TASK —
Search the entries below. Return every line that has "rests" in it.

*** Begin section ***

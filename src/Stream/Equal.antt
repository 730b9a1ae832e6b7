-- ===== src/Stream/Equal.antt =====
-- The comparison of two byte arrays is equality.
use backup_system.Base.{
  ==_iff, ◌≡◌, ◌≢◌, ◌↔◌, ◌⊎◌, inl, inr, refl, true, false, [], ◌∷◌, arith, Bool-cases,
}
use backup_system.Stream.{Bytes, bytes_eq}

pub bytes_eq_refl : (xs : Bytes) → bytes_eq xs xs ≡ true
unfolding bytes_eq
bytes_eq_refl [] = refl
bytes_eq_refl (x ∷ xs) = rw ((==_iff x x).1 refl, bytes_eq_refl xs)

pub bytes_eq→≡ : (xs ys : Bytes) → bytes_eq xs ys ≡ true → xs ≡ ys
unfolding bytes_eq
bytes_eq→≡ [] [] h = refl
bytes_eq→≡ [] (y ∷ ys) h = absurd (cc)
bytes_eq→≡ (x ∷ xs) [] h = absurd (cc)
bytes_eq→≡ (x ∷ xs) (y ∷ ys) h = ground (arith, bytes_eq→≡ xs ys)

pub bytes_eq_iff : (xs ys : Bytes) → (bytes_eq xs ys ≡ true) ↔ (xs ≡ ys)
bytes_eq_iff xs ys = (bytes_eq→≡ xs ys, λ e. rw e (bytes_eq_refl ys))

pub bytes_eq_cases : (xs ys : Bytes) → (xs ≡ ys) ⊎ ((xs ≢ ys) × (bytes_eq xs ys ≡ false))
bytes_eq_cases xs ys = elim (Bool-cases (bytes_eq xs ys)) [
  | inl same ↦ inl (bytes_eq→≡ xs ys same)
  | inr differ ↦ inr ((λ e. ground (arith, (bytes_eq_iff xs ys).1 e)), differ)
]
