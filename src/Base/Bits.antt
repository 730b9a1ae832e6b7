-- ===== src/Base/Bits.antt =====
-- Shifts and masks of the unsigned machine words as arithmetic, at every width.
use Prim.Native.Nat.{
  ℕ, zero, suc, ◌+◌, ◌-◌, ◌*◌, ◌/◌, ◌%◌, ◌^◌, ◌<◌, ◌≤◌, min, max, bit_and, bit_or, bit_xor, digits,
  differ, bit_and-bitwise, bit_or-bitwise, bit_xor-bitwise,
}
use mathlib.Core.Bool.{Bool, true, false}
use backup_system.Base.Tests.{◌==◌, ==_iff, if◌then◌else◌}
use mathlib.Core.Path.{◌≡◌, refl, ap, ◌∙◌}
use native.Mathlib.Nat.{
  pow-suc, one-le-pow, div-add-mod, mod-lt, mod-eq_of_lt, add-mul-mod_self_right,
}
use native.Mathlib.Omega.{arith}

-- A count of rounds that covers the first number gives the digits, whatever it is.
module _ (z : ℕ → ℕ) (f : ℕ → ℕ → ℕ) where
  rounds_irrelevant : (k a b : ℕ) → a ≤ k → digits z f k a b ≡ digits z f a a b
  rounds_irrelevant k a b h = go k a a b h (omega arith)
    where
      go : (k j a b : ℕ) → a ≤ k → a ≤ j → digits z f k a b ≡ digits z f j a b
      go k j zero b p q = both k j
        where
          one : (i : ℕ) → digits z f i zero b ≡ z b
          one zero = refl
          one (suc i) = refl

          both : (k j : ℕ) → digits z f k zero b ≡ digits z f j zero b
          both k j = rw (one k, one j)
      go zero j (suc a) b p q = absurd (omega arith)
      go (suc k) zero (suc a) b p q = absurd (omega arith)
      go (suc k) (suc j) (suc a) b p q =
          ap (λ (t : ℕ). t * 2 + f (suc a % 2) (b % 2))
            (go k j (suc a / 2) (b / 2) (omega arith) (omega arith))

-- The lowest digit of an operation, and the rest.
pub bit_and-halves : (x y : ℕ) → bit_and x y ≡ bit_and (x / 2) (y / 2) * 2 + min (x % 2) (y % 2)
bit_and-halves zero y = omega (arith, bit_and-bitwise 0 y, bit_and-bitwise 0 (y / 2))
bit_and-halves (suc x) y = omega (
  arith,
  bit_and-bitwise (suc x / 2) (y / 2),
  bit_and-bitwise (suc x) y,
  rounds_irrelevant (λ _. 0) min x (suc x / 2) (y / 2) (omega arith),
)

pub bit_or-halves : (x y : ℕ) → bit_or x y ≡ bit_or (x / 2) (y / 2) * 2 + max (x % 2) (y % 2)
bit_or-halves zero y = omega (arith, bit_or-bitwise 0 y, bit_or-bitwise 0 (y / 2))
bit_or-halves (suc x) y = omega (
  arith,
  bit_or-bitwise (suc x) y,
  bit_or-bitwise (suc x / 2) (y / 2),
  rounds_irrelevant (λ d. d) max x (suc x / 2) (y / 2) (omega arith),
)

differ-zero : (y : ℕ) → differ 0 y ≡ y
differ-zero y = refl

pub bit_xor-halves : (x y : ℕ) → bit_xor x y ≡ bit_xor (x / 2) (y / 2) * 2 + differ (x % 2) (y % 2)
bit_xor-halves zero y =
    omega (arith, bit_xor-bitwise 0 y, bit_xor-bitwise 0 (y / 2), differ-zero (y % 2))
bit_xor-halves (suc x) y = omega (
  arith,
  bit_xor-bitwise (suc x) y,
  bit_xor-bitwise (suc x / 2) (y / 2),
  rounds_irrelevant (λ d. d) differ x (suc x / 2) (y / 2) (omega arith),
)

-- Induction over the width: `k` digits hold both numbers.
zero-bit_or : (b : ℕ) → bit_or 0 b ≡ b
zero-bit_or b = bit_or-bitwise 0 b

two_pow_suc : (k : ℕ) → 2 ^ suc k ≡ 2 * 2 ^ k
two_pow_suc k = omega (arith, pow-suc 2 k)

field_halves : (q k : ℕ) → q * 2 ^ suc k ≡ 2 * (q * 2 ^ k)
field_halves q k = omega (arith, ap (λ (t : ℕ). q * t) (two_pow_suc k))

-- `r | (q << k)` is a sum when `r` fits in `k` digits.
pub bit_or_low : (k r q : ℕ) → r < 2 ^ k → bit_or r (q * 2 ^ k) ≡ r + q * 2 ^ k
bit_or_low zero zero q h = omega (arith, zero-bit_or (q * 2 ^ 0))
bit_or_low zero (suc r) q h = absurd (omega arith)
bit_or_low (suc k) r q h = omega (
  arith,
  bit_or-halves r (q * 2 ^ suc k),
  field_halves q k,
  two_pow_suc k,
  ap (λ (t : ℕ). bit_or (r / 2) t) half,
  bit_or_low k (r / 2) q (omega (arith, two_pow_suc k)),
)
  where
    half : q * 2 ^ suc k / 2 ≡ q * 2 ^ k
    half = omega (arith, field_halves q k)

bit_or-zero : (n a : ℕ) → a ≤ n → bit_or a 0 ≡ a
bit_or-zero n zero h = refl
bit_or-zero zero (suc a) h = absurd (omega arith)
bit_or-zero (suc n) (suc a) h =
    omega (arith, bit_or-halves (suc a) 0, bit_or-zero n (suc a / 2) (omega arith))

-- `(q << k) | r`, in the other order.
pub bit_or_high : (k q r : ℕ) → r < 2 ^ k → bit_or (q * 2 ^ k) r ≡ q * 2 ^ k + r
bit_or_high zero q zero h = omega (arith, bit_or-zero (q * 2 ^ 0) (q * 2 ^ 0) (omega arith))
bit_or_high zero q (suc r) h = absurd (omega arith)
bit_or_high (suc k) q r h = omega (
  arith,
  bit_or-halves (q * 2 ^ suc k) r,
  field_halves q k,
  two_pow_suc k,
  ap (λ (t : ℕ). bit_or t (r / 2)) half,
  bit_or_high k q (r / 2) (omega (arith, two_pow_suc k)),
)
  where
    half : q * 2 ^ suc k / 2 ≡ q * 2 ^ k
    half = omega (arith, field_halves q k)

bit_and-zero : (n a : ℕ) → a ≤ n → bit_and a 0 ≡ 0
bit_and-zero n zero h = refl
bit_and-zero zero (suc a) h = absurd (omega arith)
bit_and-zero (suc n) (suc a) h =
    omega (arith, bit_and-halves (suc a) 0, bit_and-zero n (suc a / 2) (omega arith))

mask_halves : (k : ℕ) → (2 ^ suc k - 1) / 2 ≡ 2 ^ k - 1
mask_halves k = omega (arith, two_pow_suc k, one-le-pow k 2 (omega arith))

-- The remainder is the number below the modulus that differs by a multiple.
pub mod_unique : (a m q r : ℕ) → a ≡ r + q * m → r < m → a % m ≡ r
mod_unique a m q r e h = rw e (add-mul-mod_self_right r q m ∙ mod-eq_of_lt h)

mod_halves : (k a : ℕ) → a % 2 ^ suc k ≡ a / 2 % 2 ^ k * 2 + a % 2
mod_halves k a =
    mod_unique a (2 ^ suc k) (a / 2 / 2 ^ k) (a / 2 % 2 ^ k * 2 + a % 2)
      (omega (arith, div-add-mod (a / 2) (2 ^ k), field_halves (a / 2 / 2 ^ k) k))
      (omega (arith, two_pow_suc k, mod-lt (a / 2) (one-le-pow k 2 (omega arith))))

-- `a & (2^k - 1)` is the remainder.
pub bit_and_low : (k a : ℕ) → bit_and a (2 ^ k - 1) ≡ a % 2 ^ k
bit_and_low zero a = omega (arith, bit_and-zero a a (omega arith))
bit_and_low (suc k) a = omega (
  arith,
  bit_and-halves a (2 ^ suc k - 1),
  two_pow_suc k,
  one-le-pow k 2 (omega arith),
  ap (λ (t : ℕ). bit_and (a / 2) t) (mask_halves k),
  bit_and_low k (a / 2),
  mod_halves k a,
)

differ-lt : (a b : ℕ) → a < 2 → b < 2 → (differ a b < 2) × (differ (differ a b) b ≡ a)
differ-lt zero zero h g = omega arith
differ-lt zero (suc zero) h g = omega arith
differ-lt (suc zero) zero h g = omega arith
differ-lt (suc zero) (suc zero) h g = omega arith
differ-lt (suc (suc a)) b h g = absurd (omega arith)
differ-lt zero (suc (suc b)) h g = absurd (omega arith)
differ-lt (suc zero) (suc (suc b)) h g = absurd (omega arith)

differ_same : (d : ℕ) → d < 2 → differ d d ≡ 0
differ_same zero h = refl
differ_same (suc zero) h = refl
differ_same (suc (suc d)) h = absurd (omega arith)

bit_xor_halved : (n a : ℕ) → a ≤ n → bit_xor a a ≡ 0
bit_xor_halved n zero h = refl
bit_xor_halved zero (suc a) h = absurd (omega arith)
bit_xor_halved (suc n) (suc a) h = omega (
  arith,
  bit_xor-halves (suc a) (suc a),
  bit_xor_halved n (suc a / 2) (omega arith),
  differ_same (suc a % 2) (omega arith),
)

pub bit_xor_same : (a : ℕ) → bit_xor a a ≡ 0
bit_xor_same a = bit_xor_halved a a (omega arith)

-- Exclusive or stays in the width and undoes itself.
pub bit_xor-lt : (k a b : ℕ) → a < 2 ^ k → b < 2 ^ k → bit_xor a b < 2 ^ k
bit_xor-lt zero zero zero h g = omega arith
bit_xor-lt zero (suc a) b h g = absurd (omega arith)
bit_xor-lt zero zero (suc b) h g = absurd (omega arith)
bit_xor-lt (suc k) a b h g = omega (
  arith,
  bit_xor-halves a b,
  two_pow_suc k,
  differ-lt (a % 2) (b % 2) (omega arith) (omega arith),
  bit_xor-lt k (a / 2) (b / 2) (omega (arith, two_pow_suc k)) (omega (arith, two_pow_suc k)),
)

pub bit_xor-bit_xor : (k a b : ℕ) → a < 2 ^ k → b < 2 ^ k → bit_xor (bit_xor a b) b ≡ a
bit_xor-bit_xor zero zero zero h g = refl
bit_xor-bit_xor zero (suc a) b h g = absurd (omega arith)
bit_xor-bit_xor zero zero (suc b) h g = absurd (omega arith)
bit_xor-bit_xor (suc k) a b h g = omega (
  arith,
  bit_xor-halves a b,
  bit_xor-halves (bit_xor a b) b,
  two_pow_suc k,
  lows,
  ap (λ (t : ℕ). bit_xor t (b / 2)) high,
  ap (λ (t : ℕ). differ t (b % 2)) low,
  bit_xor-bit_xor k (a / 2) (b / 2) (omega (arith, two_pow_suc k)) (omega (arith, two_pow_suc k)),
)
  where
    lows : (differ (a % 2) (b % 2) < 2) × (differ (differ (a % 2) (b % 2)) (b % 2) ≡ a % 2)
    lows = differ-lt (a % 2) (b % 2) (omega arith) (omega arith)

    high : bit_xor a b / 2 ≡ bit_xor (a / 2) (b / 2)
    high = omega (arith, bit_xor-halves a b, lows)

    low : bit_xor a b % 2 ≡ differ (a % 2) (b % 2)
    low = omega (arith, bit_xor-halves a b, lows)

-- A test of all numbers below a bound by evaluation, the largest one first.
pub holds_below : (ℕ → Bool) → ℕ → Bool
holds_below test zero = true
holds_below test (suc bound) =
    let others = holds_below test bound in if test bound then others else false

pub holds_below-at :
    (test : ℕ → Bool) (bound n : ℕ) → n < bound → holds_below test bound ≡ true → test n ≡ true
unfolding holds_below
holds_below-at test zero n below all = absurd (omega arith)
holds_below-at test (suc bound) n below all = ground (arith, holds_below-at test bound n)

-- The top bit of a byte.
top_bit_table : holds_below (λ x. bit_and x 0x80 == x / 128 * 128) 256 ≡ true
unfolding holds_below
top_bit_table = refl

pub bit_and_top : (x : ℕ) → x < 256 → bit_and x 0x80 ≡ x / 128 * 128
bit_and_top x h = (==_iff _ _).0 (holds_below-at _ 256 x h top_bit_table)
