-- ===== src/Stream/Words.antt =====
-- Little-endian words: what was written reads back, and what is read fits the width.
use Prim.Native.Nat.add
use backup_system.Base.{
  ℕ, zero, suc, ◌+◌, ◌*◌, ◌/◌, ◌%◌, ◌^◌, ◌≤◌, ◌<◌, bit_or, ◌≡◌, refl, sym, ap, ap₂, ◌∙◌, [], ◌∷◌,
  ◌++◌, length, length-append, length-take, take_front, drop_front, take-append-drop, le→leb, All,
  arith,
}
use backup_system.Base.Bits.{bit_or_low, mod_unique}
use backup_system.Base.Outcome.{ok}
use backup_system.Stream.{
  Bytes, IsByte, read_exact, word_bytes, or_bytes, write_u8, write_u16, write_u32, write_u64,
  read_word, read_u8, read_u16, read_u32, read_u64,
}
use native.Mathlib.Nat.{
  one-le-pow, div-add-mod, mod-lt, mod-eq_of_lt, div-div-eq-div-mul, pow-le-pow_right, mul_comm,
  add-zero,
}
use native.Mathlib.Numerals.{towards_suc}

pub length-word_bytes : (n i v : ℕ) → length (word_bytes n i v) ≡ n
unfolding word_bytes
length-word_bytes zero i v = refl
length-word_bytes (suc n) i v = ap suc (length-word_bytes n (i + 1) v)

pub word_bytes-IsByte : (n i v : ℕ) → All IsByte (word_bytes n i v)
unfolding word_bytes
word_bytes-IsByte zero i v = tt
word_bytes-IsByte (suc n) i v = (omega arith, word_bytes-IsByte n (i + 1) v)

eight_up : (k : ℕ) → 2 ^ (k + 8) ≡ 256 * 2 ^ k
eight_up k = simp towards_suc (omega arith)

byte_up : (i : ℕ) → 2 ^ ((i + 1) * 8) ≡ 256 * 2 ^ (i * 8)
byte_up i = let e : (i + 1) * 8 ≡ i * 8 + 8 = omega arith in rw e (eight_up (i * 8))

byte_suc : (n : ℕ) → 2 ^ (suc n * 8) ≡ 256 * 2 ^ (n * 8)
byte_suc n = let e : suc n * 8 ≡ n * 8 + 8 = omega arith in rw e (eight_up (n * 8))

-- The lowest byte of `x` modulo `n + 1` bytes, and the rest.
mod_bytes : (n x : ℕ) → x % 2 ^ (suc n * 8) ≡ x % 256 + 256 * (x / 256 % 2 ^ (n * 8))
mod_bytes n x =
    mod_unique x (2 ^ (suc n * 8)) (x / 256 / 2 ^ (n * 8)) _
      (omega (
        arith,
        div-add-mod (x / 256) (2 ^ (n * 8)),
        ap (λ (t : ℕ). x / 256 / 2 ^ (n * 8) * t) (byte_suc n),
      ))
      (omega (arith, byte_suc n, mod-lt (x / 256) (one-le-pow (n * 8) 2 (omega arith))))

-- Adding a byte at its place is what `|=` does.
or_byte :
    (w i v b : ℕ)
    → v < 2 ^ (i * 8)
    → (i + 1) * 8 ≤ w
    → b < 256
    → (bit_or v (b * 2 ^ (i * 8) % 2 ^ w) ≡ v + b * 2 ^ (i * 8))
      × (v + b * 2 ^ (i * 8) < 2 ^ ((i + 1) * 8))
or_byte w i v b h fits byte = (rw (mod-eq_of_lt room) (bit_or_low (i * 8) v b h), below)
  where
    scaled : (b + 1) * 2 ^ (i * 8) ≤ 256 * 2 ^ (i * 8)
    scaled = grind arith

    below : v + b * 2 ^ (i * 8) < 2 ^ ((i + 1) * 8)
    below = omega (arith, byte_up i, scaled)

    room : b * 2 ^ (i * 8) < 2 ^ w
    room = omega (arith, below, pow-le-pow_right {n = 2} (omega arith) fits)

-- The digits of `x` from byte `i` on are put back at their place.
or_bytes-word_bytes :
    (w n i v x : ℕ)
    → v < 2 ^ (i * 8)
    → (i + n) * 8 ≤ w
    → or_bytes w i v (word_bytes n i x) ≡ v + x / 2 ^ (i * 8) % 2 ^ (n * 8) * 2 ^ (i * 8)
unfolding or_bytes word_bytes
or_bytes-word_bytes w zero i v x h fits =
    let none_left : x / 2 ^ (i * 8) % 2 ^ (0 * 8) ≡ 0 = omega arith in rw none_left (omega arith)
or_bytes-word_bytes w (suc n) i v x h fits =
    let p = 2 ^ (i * 8) in
    let b = x / p % 256 in
    let placed = or_byte w i v b h (omega arith) (omega arith) in
    ap (λ (t : ℕ). or_bytes w (i + 1) t (word_bytes n (i + 1) x)) placed.0
    ∙ or_bytes-word_bytes w n (i + 1) (v + b * p) x placed.1 (omega arith)
    ∙ omega (
      arith,
      ap (λ (t : ℕ). t * p) (mod_bytes n (x / p)),
      ap (λ (t : ℕ). t % 2 ^ (n * 8) * 2 ^ ((i + 1) * 8)) quotient,
      ap (λ (t : ℕ). x / p / 256 % 2 ^ (n * 8) * t) (byte_up i),
    )
  where
    quotient : x / 2 ^ ((i + 1) * 8) ≡ x / 2 ^ (i * 8) / 256
    quotient =
        ap (λ (t : ℕ). x / t) (byte_up i ∙ mul_comm 256 (2 ^ (i * 8)))
        ∙ sym (div-div-eq-div-mul x (2 ^ (i * 8)) 256)

-- Reading `n` bytes gives a number of that width.
or_bytes-lt :
    (w i v : ℕ) (bs : Bytes)
    → v < 2 ^ (i * 8)
    → (i + length bs) * 8 ≤ w
    → All IsByte bs
    → or_bytes w i v bs < 2 ^ ((i + length bs) * 8)
unfolding or_bytes
or_bytes-lt w i v [] h fits bytes = rw (add-zero i) h
or_bytes-lt w i v (b ∷ bs) h fits (hb, bytes) =
    let placed = or_byte w i v b h (omega arith) hb in
    let e : i + suc (length bs) ≡ i + 1 + length bs = omega arith in
    rw (placed.0, e) (or_bytes-lt w (i + 1) (v + b * 2 ^ (i * 8)) bs placed.1 (omega arith) bytes)

pub or_bytes_width :
    (n : ℕ) (b : Bytes) → length b ≡ n → All IsByte b → or_bytes (n * 8) 0 0 b < 2 ^ (n * 8)
or_bytes_width n b size bytes =
    rw (← size)
      (rw add.zero at (or_bytes-lt (length b * 8) 0 0 b (omega arith) (omega arith) bytes))

pub read_exact-append :
    (n : ℕ) (xs rest : Bytes) → n ≡ length xs → read_exact n (xs ++ rest) ≡ ok (xs, rest)
unfolding read_exact
read_exact-append n xs rest e = rw e (
    rw (le→leb (length xs) (length (xs ++ rest)) (omega (arith, length-append xs rest)))
      (rw (take_front xs rest, drop_front xs rest)))

pub read_exact-eq-ok :
    (n : ℕ) (input : Bytes) {xs rest : Bytes}
    → read_exact n input ≡ ok (xs, rest)
    → (input ≡ xs ++ rest) × (length xs ≡ n)
unfolding read_exact
read_exact-eq-ok n input h = ground (arith, sym (take-append-drop n input), length-take n input)

pub or_bytes-digits : (n v : ℕ) → v < 2 ^ (n * 8) → or_bytes (n * 8) 0 0 (word_bytes n 0 v) ≡ v
or_bytes-digits n v h =
    rw (or_bytes-word_bytes (n * 8) n 0 0 v (omega arith) (omega arith))
      (rw (mod-eq_of_lt {n = v / 2 ^ (0 * 8)} {m = 2 ^ (n * 8)} (omega arith)) (omega arith))

-- A word that fits `n` bytes, written from the lowest byte on, reads back, whatever follows it.
pub read_word-word_bytes :
    (n v : ℕ) (rest : Bytes)
    → v < 2 ^ (n * 8)
    → read_word n (word_bytes n 0 v ++ rest) ≡ ok (v, rest)
unfolding read_word
read_word-word_bytes n v rest h =
    rw (read_exact-append n (word_bytes n 0 v) rest (sym (length-word_bytes n 0 v)))
      (ap (λ (t : ℕ). ok (t, rest)) (or_bytes-digits n v h))

pub read_u8-write_u8 :
    (v : ℕ) (rest : Bytes) → v < 2 ^ 8 → read_u8 (write_u8 v ++ rest) ≡ ok (v, rest)
unfolding read_u8 write_u8
read_u8-write_u8 v rest h = read_word-word_bytes 1 v rest h

pub read_u16-write_u16 :
    (v : ℕ) (rest : Bytes) → v < 2 ^ 16 → read_u16 (write_u16 v ++ rest) ≡ ok (v, rest)
unfolding read_u16 write_u16
read_u16-write_u16 v rest h = read_word-word_bytes 2 v rest h

pub read_u32-write_u32 :
    (v : ℕ) (rest : Bytes) → v < 2 ^ 32 → read_u32 (write_u32 v ++ rest) ≡ ok (v, rest)
unfolding read_u32 write_u32
read_u32-write_u32 v rest h = read_word-word_bytes 4 v rest h

pub read_u64-write_u64 :
    (v : ℕ) (rest : Bytes) → v < 2 ^ 64 → read_u64 (write_u64 v ++ rest) ≡ ok (v, rest)
unfolding read_u64 write_u64
read_u64-write_u64 v rest h = read_word-word_bytes 8 v rest h

next_multiple : (p b c : ℕ) → b < c → (b + 1) * p ≤ c * p
next_multiple p b c h = grind arith

-- The digits below and at a place.
digit_unique : (p v v' b c : ℕ) → v < p → v' < p → v + b * p ≡ v' + c * p → (v ≡ v') × (b ≡ c)
digit_unique p v v' b c h h' e =
    let same : b ≡ c = ground (arith, next_multiple p b c, next_multiple p c b) in
    (omega (arith, ap (λ (t : ℕ). t * p) same), same)

-- Different bytes are different words.
or_bytes_injective :
    (w i v v' : ℕ) (bs cs : Bytes)
    → v < 2 ^ (i * 8)
    → v' < 2 ^ (i * 8)
    → length bs ≡ length cs
    → (i + length bs) * 8 ≤ w
    → All IsByte bs
    → All IsByte cs
    → or_bytes w i v bs ≡ or_bytes w i v' cs
    → (v ≡ v') × (bs ≡ cs)
unfolding or_bytes
or_bytes_injective w i v v' [] [] h h' size fits bytes bytes' e = (e, refl)
or_bytes_injective w i v v' [] (c ∷ cs) h h' size fits bytes bytes' e = absurd (omega arith)
or_bytes_injective w i v v' (b ∷ bs) [] h h' size fits bytes bytes' e = absurd (omega arith)
or_bytes_injective w i v v' (b ∷ bs) (c ∷ cs) h h' size fits (hb, bytes) (hc, bytes') e =
    let p = 2 ^ (i * 8) in
    let (same, lt) = or_byte w i v b h (omega arith) hb in
    let (same', lt') = or_byte w i v' c h' (omega arith) hc in
    let (low, tails) =
      or_bytes_injective w (i + 1) (v + b * p) (v' + c * p) bs cs lt lt' (omega arith) (omega arith)
        bytes bytes'
        (ap (λ (t : ℕ). or_bytes w (i + 1) t bs) (sym same)
          ∙ e
          ∙ ap (λ (t : ℕ). or_bytes w (i + 1) t cs) same') in
    let (rests, heads) = digit_unique p v v' b c h h' low in
    (rests, ap₂ (λ x xs. x ∷ xs) heads tails)

-- A word that was read is written as the bytes it was read from.
pub word_bytes-or_bytes :
    (n : ℕ) (b : Bytes) → length b ≡ n → All IsByte b → word_bytes n 0 (or_bytes (n * 8) 0 0 b) ≡ b
word_bytes-or_bytes n b size bytes =
    let x = or_bytes (n * 8) 0 0 b in
    (or_bytes_injective (n * 8) 0 0 0 (word_bytes n 0 x) b (omega arith) (omega arith)
      (length-word_bytes n 0 x ∙ sym size) (omega (arith, length-word_bytes n 0 x))
      (word_bytes-IsByte n 0 x) bytes (or_bytes-digits n x (or_bytes_width n b size bytes))).1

*** End section ***

RESULT FOR THIS TASK —
    let (rests, heads) = digit_unique p v v' b c h h' low in
    (rests, ap₂ (λ x xs. x ∷ xs) heads tails)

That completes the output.